Officials with the FDA have granted breakthrough therapy designation to Norvatis’ capmatinib therapy as an initial treatment for metastatic non-small cell lung cancer (NSCLC). Capmatinib is an oral investigational therapy. The research was presented by Dr. Fabrice Barlesi from Aix-Marseille University, France.
“We are pleased to announce that the U.S. Food and Drug Administration granted Breakthrough Therapy Designation to capmatinib (INC280) as a first-line treatment for patients with metastatic MET exon14 skipping-mutated non-small cell lung cancer (NSCLC),” said John Tsai, MD, Head of Global Drug Development and Chief Medical Officer, Novartis.
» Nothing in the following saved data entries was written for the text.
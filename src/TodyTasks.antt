-- ===== src/TodyTasks.antt =====
-- app/agents/tody_task_actions.py: tasks on TODY, as the agent prepares and sends them. The TODY
-- client is a parameter. Texts are lists of code points.
pub mod Ids
pub mod Actions
pub mod Preview
use mathlib.Core.Option
use tachy_cognitive_ai_agent.Common.{
  ℕ, ◌≡◌, Bool, true, false, not, ◌&&◌, ◌||◌, String, Option, none, some, List, [], ◌∷◌, ◌++◌, map,
  ltb, ◌==◌, take, any_of, if◌then◌else◌,
}
use tachy_cognitive_ai_agent.Common.Int.{ℤ, pos_part}
use tachy_cognitive_ai_agent.Common.Digits.{parse_int}
use tachy_cognitive_ai_agent.Common.Text.{
  codes, is_space, strip, lower, drop_while, text_eq, one_of, squeeze, split_runs,
}
use tachy_cognitive_ai_agent.Safety.World.{
  Error, db_error, value_error, attribute_error, handler_error, Outcome, returned, raised,
  next_fault,
}

-- The settings of app/config.py that the actions read.
pub record Settings : Type 0 where
  pub tasks_enabled : Bool
  pub default_group_id : ℤ
  pub rohit_user_id : ℤ
  pub force_rohit_watcher : Bool
  pub guardian_username : List ℕ

-- What `_parse_int` and `_parse_ids` take.
pub data IntArg : Type 0 where
  no_int : IntArg
  int_text : List ℕ → IntArg
  int_number : ℤ → IntArg

pub data IdsArg : Type 0 where
  no_ids : IdsArg
  ids_text : List ℕ → IdsArg
  ids_list : List IntArg → IdsArg

pub record TaskParams : Type 0 where
  pub title : List ℕ
  pub description : List ℕ
  pub deadline : List ℕ
  pub priority : List ℕ
  pub group_id : IntArg
  pub assignee_ids : IdsArg

pub data WatcherMode : Type 0 where
  unwatched as_assignee : WatcherMode

pub data Warning : Type 0 where
  id_not_configured personal_task id_unresolved : Warning

pub record Payload : Type 0 where
  pub title : List ℕ
  pub description : Option (List ℕ)
  pub deadline : Option (List ℕ)
  pub priority : List ℕ
  pub group_id : Option ℕ
  pub assignee_ids : List ℕ
  pub watcher_mode : WatcherMode
  pub watcher_warning : Option Warning

abbrev pub priorities : List String
priorities = "low" ∷ "medium" ∷ "high" ∷ "urgent" ∷ []

abbrev pub statuses : List String
statuses = "open" ∷ "in_progress" ∷ "done" ∷ "blocked" ∷ "cancelled" ∷ []

-- `re.sub(r"\s+", " ", str(value or "")).strip()[:max_len]`
unfoldable pub clean_text : List ℕ → ℕ → List ℕ
unfolding squeeze strip
clean_text value max_len = take max_len (strip (squeeze value))

abbrev pub non_empty : List ℕ → Option (List ℕ)
non_empty [] = none
non_empty (c ∷ s) = some (c ∷ s)

-- `out if out > 0 else None`
unfoldable pub positive : Option ℤ → Option ℕ
positive none = none
positive (some z) = if ltb 0 (pos_part z) then some (pos_part z) else none

unfoldable pub parse_id : IntArg → Option ℕ
unfolding positive parse_int strip
parse_id no_int = none
parse_id (int_text s) = positive (parse_int (strip s))
parse_id (int_number z) = positive (some z)

-- `n in ids`
abbrev pub is_in : ℕ → List ℕ → Bool
is_in n ids = any_of (λ m. m == n) ids

unfoldable pub add_id : Option ℕ → List ℕ → List ℕ
add_id none ids = ids
add_id (some n) ids = if is_in n ids then ids else ids ++ n ∷ []

unfoldable pub collect_ids : List IntArg → List ℕ → List ℕ
unfolding add_id parse_id
collect_ids [] ids = ids
collect_ids (x ∷ xs) ids = collect_ids xs (add_id (parse_id x) ids)

abbrev is_separator : ℕ → Bool
is_separator c = c == b',' || c == b' '

-- `re.split(r"[, ]+", str(value or ""))` where the value is no list.
unfoldable pub id_items : IdsArg → List IntArg
unfolding split_runs
id_items no_ids = int_text [] ∷ []
id_items (ids_text s) = map int_text (split_runs is_separator false s)
id_items (ids_list xs) = xs

unfoldable pub parse_ids : IdsArg → List ℕ
unfolding collect_ids id_items
parse_ids value = take 50 (collect_ids (id_items value) [])

abbrev or_text : List ℕ → List ℕ → List ℕ
or_text [] t = t
or_text (c ∷ s) t = c ∷ s

unfoldable pub priority_of : List ℕ → List ℕ
unfolding lower strip one_of
priority_of value =
    let priority = lower (strip (or_text value (codes "medium"))) in
    if one_of priorities priority then priority else codes "medium"

abbrev or_id : Option ℕ → Option ℕ → Option ℕ
or_id none j = j
or_id (some i) j = some i

-- The guardian joins a group task as an assignee.
unfoldable pub add_guardian : ℕ → Payload → Payload
unfolding add_id
add_guardian id p = record p {
  assignee_ids = add_id (some id) p.assignee_ids;
  watcher_mode = as_assignee;
  watcher_warning = none;
}

unfoldable pub watch_group : ℕ → Payload → Payload
unfolding add_guardian
watch_group id p =
    if ltb 0 id then add_guardian id p else record p { watcher_warning = some id_not_configured }

unfoldable pub watch : Settings → Payload → Payload
unfolding watch_group
watch s p = elim s.force_rohit_watcher [
  | false ↦ p
  | true ↦ elim p.group_id [
    | none ↦ record p { watcher_warning = some personal_task }
    | some group ↦ watch_group (pos_part s.rohit_user_id) p
  ]
]

-- The payload before the guardian is added, for a title that is not empty.
unfoldable pub new_payload : Settings → TaskParams → List ℕ → Payload
unfolding clean_text priority_of parse_id parse_ids positive
new_payload s p title = record {
  title = title;
  description = non_empty (clean_text p.description 1000);
  deadline = non_empty (clean_text p.deadline 80);
  priority = priority_of p.priority;
  group_id = or_id (parse_id p.group_id) (positive (some s.default_group_id));
  assignee_ids = parse_ids p.assignee_ids;
  watcher_mode = unwatched;
  watcher_warning = none;
}

unfoldable pub titled : Settings → TaskParams → List ℕ → Option Payload
unfolding watch new_payload
titled s p [] = none
titled s p (c ∷ t) = some (watch s (new_payload s p (c ∷ t)))

-- `none` is `ValueError`.
unfoldable pub prepare_create_payload : Settings → TaskParams → Option Payload
unfolding titled clean_text
prepare_create_payload s p = titled s p (clean_text p.title 180)

-- What goes to the client.
pub record NewTask : Type 0 where
  pub title : List ℕ
  pub description : Option (List ℕ)
  pub deadline : Option (List ℕ)
  pub priority : List ℕ
  pub group_id : Option ℕ
  pub assignee_ids : List ℕ

pub data Call : Type 0 where
  create_task : NewTask → Call
  my_tasks : Option ℤ → Call
  comment_task : ℤ → List ℕ → Call
  update_task_status : ℤ → List ℕ → Option (List ℕ) → Call
  search_username : List ℕ → Call

pub data Event : Type 0 where
  tody_task_created : Option ℕ → Payload → Event
  tody_task_commented : ℤ → Event
  tody_task_status_updated : ℤ → List ℕ → Event

-- What a call of the client comes to: an answer, `TodyError`, or another exception.
pub data Answer (A : Type 0) : Type 0 where
  answered : A → Answer A
  tody_error other_error : Answer A

-- The body of an answer: the new task's id inside `task` or beside it, or no dictionary.
pub data Created : Type 0 where
  task_dict plain_dict : Option ℕ → Created
  no_dict : Created

-- The TODY client. An answer may depend on the calls before; of those to `my_tasks`, `comment_task`
-- and `update_task_status` it says whether they are dictionaries.
pub record Client : Type 0 where
  pub create : List Call → NewTask → Answer Created
  pub list : List Call → Answer Bool
  pub comment : List Call → Answer Bool
  pub update : List Call → Answer Bool
  pub search : List Call → List ℕ → Answer IntArg

pub record World : Type 0 where
  pub calls : List Call
  pub audit : List Event
  pub faults : List Bool

abbrev pub M : Type 0 → Type 0
M A = World → Outcome A × World

infixl 5 ◌>>=◌ ◌>>◌
abbrev pub ◌>>=◌ : {A B : Type 0} → M A → (A → M B) → M B
◌>>=◌ m f w = let (o, w') = m w in elim o [ returned a ↦ f a w' | raised e ↦ (raised e, w') ]

abbrev pub ◌>>◌ : {A B : Type 0} → M A → M B → M B
m >> k = m >>= λ _. k

abbrev pub pure : {A : Type 0} → A → M A
pure a w = (returned a, w)

abbrev pub raise : {A : Type 0} → Error → M A
raise e w = (raised e, w)

unfoldable pub log_event : Event → M (Unit {0})
log_event e w =
    let (broken, fs) = next_fault w.faults in
    elim broken [
      | true ↦ (raised db_error, record w { faults = fs })
      | false ↦ (returned tt, record w { audit = w.audit ++ e ∷ []; faults = fs })
    ]

-- A call of the client is made, and answered.
unfoldable pub ask : {A : Type 0} → Call → (List Call → Answer A) → M (Answer A)
ask c answer w = (returned (answer w.calls), record w { calls = w.calls ++ c ∷ [] })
Novartis is aiming to win approval for oral capmatinib as a first-line treatment for patients with metastatic MET exon14 skipping-mutated non-small cell lung cancer. Treatments that receive Breakthrough Therapy Designation target a serious disease and demonstrate substantial improvement over existing therapies. The FDA granted Breakthrough Therapy Designation for capmatinib based on primary results from GEOMETRY mono-1 study presented at 2019 meeting of American Society of Clinical Oncology.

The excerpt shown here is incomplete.